• **Task description**
Each line below containing the word "that" needs to be shown.

Stored data entries
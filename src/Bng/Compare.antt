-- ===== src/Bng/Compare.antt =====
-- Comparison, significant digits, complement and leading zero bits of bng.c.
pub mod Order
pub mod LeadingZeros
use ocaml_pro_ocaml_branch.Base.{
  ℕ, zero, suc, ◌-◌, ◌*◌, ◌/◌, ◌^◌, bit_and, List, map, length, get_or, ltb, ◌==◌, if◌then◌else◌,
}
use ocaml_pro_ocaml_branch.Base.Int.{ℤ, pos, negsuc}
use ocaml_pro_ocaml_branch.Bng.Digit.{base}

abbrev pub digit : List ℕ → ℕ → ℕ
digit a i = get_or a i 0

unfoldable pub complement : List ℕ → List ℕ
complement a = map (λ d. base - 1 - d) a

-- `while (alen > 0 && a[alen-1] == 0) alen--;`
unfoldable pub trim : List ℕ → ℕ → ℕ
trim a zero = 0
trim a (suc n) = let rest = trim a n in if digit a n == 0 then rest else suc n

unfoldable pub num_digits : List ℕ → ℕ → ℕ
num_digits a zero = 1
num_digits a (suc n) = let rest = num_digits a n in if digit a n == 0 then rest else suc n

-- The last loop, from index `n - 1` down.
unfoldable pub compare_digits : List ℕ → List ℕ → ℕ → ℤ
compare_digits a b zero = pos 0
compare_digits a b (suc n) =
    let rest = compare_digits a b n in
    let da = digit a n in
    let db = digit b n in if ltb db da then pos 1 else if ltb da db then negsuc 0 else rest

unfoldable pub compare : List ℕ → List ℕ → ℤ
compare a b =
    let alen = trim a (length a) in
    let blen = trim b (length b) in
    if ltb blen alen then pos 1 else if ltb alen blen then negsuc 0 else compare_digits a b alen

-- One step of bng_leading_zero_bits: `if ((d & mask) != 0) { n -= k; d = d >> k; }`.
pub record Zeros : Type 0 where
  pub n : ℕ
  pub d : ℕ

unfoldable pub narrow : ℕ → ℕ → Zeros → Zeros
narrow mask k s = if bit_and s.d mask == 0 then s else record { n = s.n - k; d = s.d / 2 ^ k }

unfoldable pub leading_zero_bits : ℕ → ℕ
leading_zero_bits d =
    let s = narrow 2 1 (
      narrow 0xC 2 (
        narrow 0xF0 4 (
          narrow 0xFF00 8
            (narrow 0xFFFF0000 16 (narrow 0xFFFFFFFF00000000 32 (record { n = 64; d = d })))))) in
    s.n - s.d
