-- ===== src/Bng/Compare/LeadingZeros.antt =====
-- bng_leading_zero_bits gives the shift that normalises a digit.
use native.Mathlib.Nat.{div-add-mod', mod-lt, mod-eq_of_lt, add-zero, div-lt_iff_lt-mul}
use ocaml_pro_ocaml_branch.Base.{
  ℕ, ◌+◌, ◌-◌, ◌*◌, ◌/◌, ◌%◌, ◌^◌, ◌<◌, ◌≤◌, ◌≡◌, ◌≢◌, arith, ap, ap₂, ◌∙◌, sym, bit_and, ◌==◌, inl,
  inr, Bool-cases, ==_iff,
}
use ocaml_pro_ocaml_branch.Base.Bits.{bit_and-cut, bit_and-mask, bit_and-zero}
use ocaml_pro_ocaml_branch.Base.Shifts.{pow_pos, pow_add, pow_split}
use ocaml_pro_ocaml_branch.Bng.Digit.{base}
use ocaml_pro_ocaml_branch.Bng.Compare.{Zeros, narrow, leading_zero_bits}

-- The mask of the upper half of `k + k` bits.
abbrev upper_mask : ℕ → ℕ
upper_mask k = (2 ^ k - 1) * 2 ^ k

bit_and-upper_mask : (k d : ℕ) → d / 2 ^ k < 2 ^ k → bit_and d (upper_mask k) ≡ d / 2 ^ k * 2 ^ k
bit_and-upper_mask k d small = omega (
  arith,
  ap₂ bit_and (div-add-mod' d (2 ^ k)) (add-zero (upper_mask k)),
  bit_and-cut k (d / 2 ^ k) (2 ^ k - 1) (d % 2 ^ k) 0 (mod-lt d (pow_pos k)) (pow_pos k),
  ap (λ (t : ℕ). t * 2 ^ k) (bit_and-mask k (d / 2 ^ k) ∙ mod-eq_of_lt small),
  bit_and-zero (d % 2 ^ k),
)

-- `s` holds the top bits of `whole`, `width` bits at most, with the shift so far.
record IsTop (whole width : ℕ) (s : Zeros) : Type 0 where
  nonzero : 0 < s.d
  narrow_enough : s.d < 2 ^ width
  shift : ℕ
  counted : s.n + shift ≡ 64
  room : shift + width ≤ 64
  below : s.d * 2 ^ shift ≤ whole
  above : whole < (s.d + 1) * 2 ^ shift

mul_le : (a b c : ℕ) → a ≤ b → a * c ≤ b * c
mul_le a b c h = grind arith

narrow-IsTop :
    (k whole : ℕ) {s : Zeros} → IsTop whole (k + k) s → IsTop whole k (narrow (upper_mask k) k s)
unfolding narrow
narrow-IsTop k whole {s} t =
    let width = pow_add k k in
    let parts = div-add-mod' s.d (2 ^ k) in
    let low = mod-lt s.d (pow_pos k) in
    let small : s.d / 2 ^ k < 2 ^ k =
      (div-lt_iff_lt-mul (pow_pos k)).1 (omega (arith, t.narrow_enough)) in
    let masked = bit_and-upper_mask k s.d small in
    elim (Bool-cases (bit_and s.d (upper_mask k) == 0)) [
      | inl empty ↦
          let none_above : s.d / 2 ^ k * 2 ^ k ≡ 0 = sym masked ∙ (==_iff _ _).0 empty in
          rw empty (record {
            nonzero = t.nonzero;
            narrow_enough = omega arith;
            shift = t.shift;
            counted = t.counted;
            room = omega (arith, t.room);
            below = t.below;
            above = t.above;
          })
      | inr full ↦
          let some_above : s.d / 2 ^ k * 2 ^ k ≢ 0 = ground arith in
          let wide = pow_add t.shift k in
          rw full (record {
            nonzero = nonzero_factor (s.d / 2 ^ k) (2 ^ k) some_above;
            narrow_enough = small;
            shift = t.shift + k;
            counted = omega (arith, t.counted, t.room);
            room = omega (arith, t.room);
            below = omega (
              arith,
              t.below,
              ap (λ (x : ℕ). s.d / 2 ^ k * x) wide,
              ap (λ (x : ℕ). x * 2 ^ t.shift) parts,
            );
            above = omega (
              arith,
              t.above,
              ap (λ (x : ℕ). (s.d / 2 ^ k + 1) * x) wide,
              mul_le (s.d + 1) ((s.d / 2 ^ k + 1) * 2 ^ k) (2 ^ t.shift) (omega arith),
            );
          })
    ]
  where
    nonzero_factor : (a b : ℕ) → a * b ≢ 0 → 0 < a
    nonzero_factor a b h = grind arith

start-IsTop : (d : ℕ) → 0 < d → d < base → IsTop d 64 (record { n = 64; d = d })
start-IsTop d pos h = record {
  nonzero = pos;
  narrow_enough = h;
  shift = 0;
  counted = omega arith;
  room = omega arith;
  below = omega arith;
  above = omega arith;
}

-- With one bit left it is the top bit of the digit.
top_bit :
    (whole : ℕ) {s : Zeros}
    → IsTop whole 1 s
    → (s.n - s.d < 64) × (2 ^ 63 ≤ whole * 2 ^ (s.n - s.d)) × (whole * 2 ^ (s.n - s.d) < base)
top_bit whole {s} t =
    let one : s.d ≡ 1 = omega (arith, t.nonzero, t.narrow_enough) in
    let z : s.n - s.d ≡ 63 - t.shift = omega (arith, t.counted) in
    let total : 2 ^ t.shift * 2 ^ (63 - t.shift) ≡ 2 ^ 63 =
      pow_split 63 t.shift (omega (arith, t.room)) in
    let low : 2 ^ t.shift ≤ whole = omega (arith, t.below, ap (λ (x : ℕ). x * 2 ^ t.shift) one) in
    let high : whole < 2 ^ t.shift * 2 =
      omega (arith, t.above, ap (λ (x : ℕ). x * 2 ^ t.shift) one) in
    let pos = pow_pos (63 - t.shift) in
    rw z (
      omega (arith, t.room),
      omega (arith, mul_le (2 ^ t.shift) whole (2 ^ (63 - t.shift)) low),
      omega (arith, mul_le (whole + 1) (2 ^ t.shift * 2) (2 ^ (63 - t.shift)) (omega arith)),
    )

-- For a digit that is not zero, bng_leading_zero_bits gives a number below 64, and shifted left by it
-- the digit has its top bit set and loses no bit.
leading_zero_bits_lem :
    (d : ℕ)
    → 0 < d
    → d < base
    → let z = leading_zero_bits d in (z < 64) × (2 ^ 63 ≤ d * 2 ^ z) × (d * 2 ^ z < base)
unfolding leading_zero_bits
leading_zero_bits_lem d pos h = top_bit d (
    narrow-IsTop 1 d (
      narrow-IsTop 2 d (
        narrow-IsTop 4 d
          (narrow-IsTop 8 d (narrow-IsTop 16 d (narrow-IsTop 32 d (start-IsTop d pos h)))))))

* * *

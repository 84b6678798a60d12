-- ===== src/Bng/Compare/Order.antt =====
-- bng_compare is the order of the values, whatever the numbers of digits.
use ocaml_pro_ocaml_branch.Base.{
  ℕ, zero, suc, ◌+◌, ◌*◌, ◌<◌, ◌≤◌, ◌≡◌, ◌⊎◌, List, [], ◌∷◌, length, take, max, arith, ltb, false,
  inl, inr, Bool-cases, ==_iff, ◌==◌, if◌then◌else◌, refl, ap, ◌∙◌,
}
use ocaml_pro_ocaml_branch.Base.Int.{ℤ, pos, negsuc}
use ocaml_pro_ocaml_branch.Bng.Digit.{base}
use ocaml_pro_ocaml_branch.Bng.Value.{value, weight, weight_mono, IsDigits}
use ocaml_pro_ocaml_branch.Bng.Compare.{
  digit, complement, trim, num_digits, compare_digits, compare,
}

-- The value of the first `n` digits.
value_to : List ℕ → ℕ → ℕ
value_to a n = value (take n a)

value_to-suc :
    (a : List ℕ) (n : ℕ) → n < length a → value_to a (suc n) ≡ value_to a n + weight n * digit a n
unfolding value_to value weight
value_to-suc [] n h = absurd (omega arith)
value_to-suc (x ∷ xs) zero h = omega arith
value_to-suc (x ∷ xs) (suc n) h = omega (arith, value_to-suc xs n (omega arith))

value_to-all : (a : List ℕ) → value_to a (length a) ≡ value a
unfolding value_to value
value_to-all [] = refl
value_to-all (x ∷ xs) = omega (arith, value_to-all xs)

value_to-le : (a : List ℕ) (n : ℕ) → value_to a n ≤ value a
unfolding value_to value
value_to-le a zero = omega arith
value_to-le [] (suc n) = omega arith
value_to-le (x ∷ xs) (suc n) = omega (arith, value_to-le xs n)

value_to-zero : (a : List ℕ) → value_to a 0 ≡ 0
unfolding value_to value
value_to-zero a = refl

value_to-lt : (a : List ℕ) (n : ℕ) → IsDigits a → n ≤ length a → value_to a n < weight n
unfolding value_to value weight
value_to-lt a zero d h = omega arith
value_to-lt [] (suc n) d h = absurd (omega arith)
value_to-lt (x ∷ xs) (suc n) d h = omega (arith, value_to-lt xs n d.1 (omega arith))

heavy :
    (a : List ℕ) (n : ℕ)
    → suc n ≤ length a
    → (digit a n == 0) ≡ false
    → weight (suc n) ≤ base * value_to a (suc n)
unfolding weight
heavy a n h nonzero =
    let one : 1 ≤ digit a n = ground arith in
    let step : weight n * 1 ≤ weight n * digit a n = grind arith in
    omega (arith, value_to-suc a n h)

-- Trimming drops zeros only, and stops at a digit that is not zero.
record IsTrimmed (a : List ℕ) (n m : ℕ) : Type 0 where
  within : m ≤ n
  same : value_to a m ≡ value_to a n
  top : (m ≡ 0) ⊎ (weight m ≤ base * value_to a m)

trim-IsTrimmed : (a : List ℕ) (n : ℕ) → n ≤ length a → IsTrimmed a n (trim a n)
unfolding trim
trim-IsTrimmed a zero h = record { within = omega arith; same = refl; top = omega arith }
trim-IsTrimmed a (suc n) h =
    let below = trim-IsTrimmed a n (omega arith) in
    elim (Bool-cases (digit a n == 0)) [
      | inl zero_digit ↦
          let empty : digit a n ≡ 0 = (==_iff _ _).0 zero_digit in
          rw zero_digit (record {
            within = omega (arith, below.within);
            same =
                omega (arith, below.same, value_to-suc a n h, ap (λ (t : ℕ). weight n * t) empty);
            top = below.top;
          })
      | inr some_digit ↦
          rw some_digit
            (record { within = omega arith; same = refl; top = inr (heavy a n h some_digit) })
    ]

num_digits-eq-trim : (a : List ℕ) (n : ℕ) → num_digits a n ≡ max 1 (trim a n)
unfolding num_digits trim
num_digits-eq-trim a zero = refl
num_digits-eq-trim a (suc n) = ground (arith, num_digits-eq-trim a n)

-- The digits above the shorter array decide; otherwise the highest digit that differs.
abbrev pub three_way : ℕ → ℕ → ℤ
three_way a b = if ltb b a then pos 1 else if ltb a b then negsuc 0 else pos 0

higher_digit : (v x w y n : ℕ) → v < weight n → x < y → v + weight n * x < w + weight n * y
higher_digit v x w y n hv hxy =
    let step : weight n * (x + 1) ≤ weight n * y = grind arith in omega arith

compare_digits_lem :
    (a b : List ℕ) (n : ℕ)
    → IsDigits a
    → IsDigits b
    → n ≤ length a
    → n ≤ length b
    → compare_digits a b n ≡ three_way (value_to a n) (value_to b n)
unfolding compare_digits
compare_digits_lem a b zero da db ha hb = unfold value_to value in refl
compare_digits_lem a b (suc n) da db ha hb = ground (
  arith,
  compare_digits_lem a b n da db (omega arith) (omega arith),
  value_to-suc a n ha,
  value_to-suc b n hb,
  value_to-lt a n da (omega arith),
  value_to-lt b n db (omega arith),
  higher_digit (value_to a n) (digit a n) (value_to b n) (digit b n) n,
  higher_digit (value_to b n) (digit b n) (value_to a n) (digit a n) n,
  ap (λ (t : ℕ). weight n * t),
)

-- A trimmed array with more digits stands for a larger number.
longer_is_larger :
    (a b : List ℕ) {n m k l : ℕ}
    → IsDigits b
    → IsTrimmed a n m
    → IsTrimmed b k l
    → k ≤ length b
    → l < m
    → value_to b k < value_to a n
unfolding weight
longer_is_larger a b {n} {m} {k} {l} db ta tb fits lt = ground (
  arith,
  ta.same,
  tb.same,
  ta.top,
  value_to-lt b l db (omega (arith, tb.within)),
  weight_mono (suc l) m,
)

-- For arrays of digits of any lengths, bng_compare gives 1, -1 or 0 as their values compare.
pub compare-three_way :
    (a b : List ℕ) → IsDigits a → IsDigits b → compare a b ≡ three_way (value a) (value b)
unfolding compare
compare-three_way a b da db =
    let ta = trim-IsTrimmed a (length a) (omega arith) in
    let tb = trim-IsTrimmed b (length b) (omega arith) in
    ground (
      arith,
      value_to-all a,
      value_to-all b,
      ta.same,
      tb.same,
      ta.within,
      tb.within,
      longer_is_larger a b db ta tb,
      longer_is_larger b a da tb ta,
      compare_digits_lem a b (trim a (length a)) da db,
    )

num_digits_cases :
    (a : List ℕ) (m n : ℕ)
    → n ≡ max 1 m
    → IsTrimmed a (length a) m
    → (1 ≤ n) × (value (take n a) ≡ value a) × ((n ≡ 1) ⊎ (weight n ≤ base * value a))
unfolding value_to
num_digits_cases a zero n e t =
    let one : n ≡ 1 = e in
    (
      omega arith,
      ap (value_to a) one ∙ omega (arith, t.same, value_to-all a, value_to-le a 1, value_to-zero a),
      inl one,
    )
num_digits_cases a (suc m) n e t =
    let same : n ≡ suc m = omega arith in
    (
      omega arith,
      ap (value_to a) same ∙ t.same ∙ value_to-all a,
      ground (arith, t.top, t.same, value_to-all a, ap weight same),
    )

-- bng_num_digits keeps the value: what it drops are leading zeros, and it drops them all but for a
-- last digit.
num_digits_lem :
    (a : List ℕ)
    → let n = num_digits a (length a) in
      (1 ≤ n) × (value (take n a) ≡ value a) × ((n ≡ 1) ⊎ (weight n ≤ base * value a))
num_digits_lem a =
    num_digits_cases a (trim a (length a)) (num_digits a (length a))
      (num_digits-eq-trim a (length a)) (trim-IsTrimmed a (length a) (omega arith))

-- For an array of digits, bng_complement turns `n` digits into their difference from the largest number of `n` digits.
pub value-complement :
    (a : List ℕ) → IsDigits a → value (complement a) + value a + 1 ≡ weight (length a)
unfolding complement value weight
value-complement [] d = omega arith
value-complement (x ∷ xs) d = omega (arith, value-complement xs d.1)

• **Reply to the task**
-- bng_leading_zero_bits gives the shift that normalises a digit.
-- For a digit that is not zero, bng_leading_zero_bits gives a number below 64, and shifted left by it
-- Trimming drops zeros only, and stops at a digit that is not zero.
-- The digits above the shorter array decide; otherwise the highest digit that differs.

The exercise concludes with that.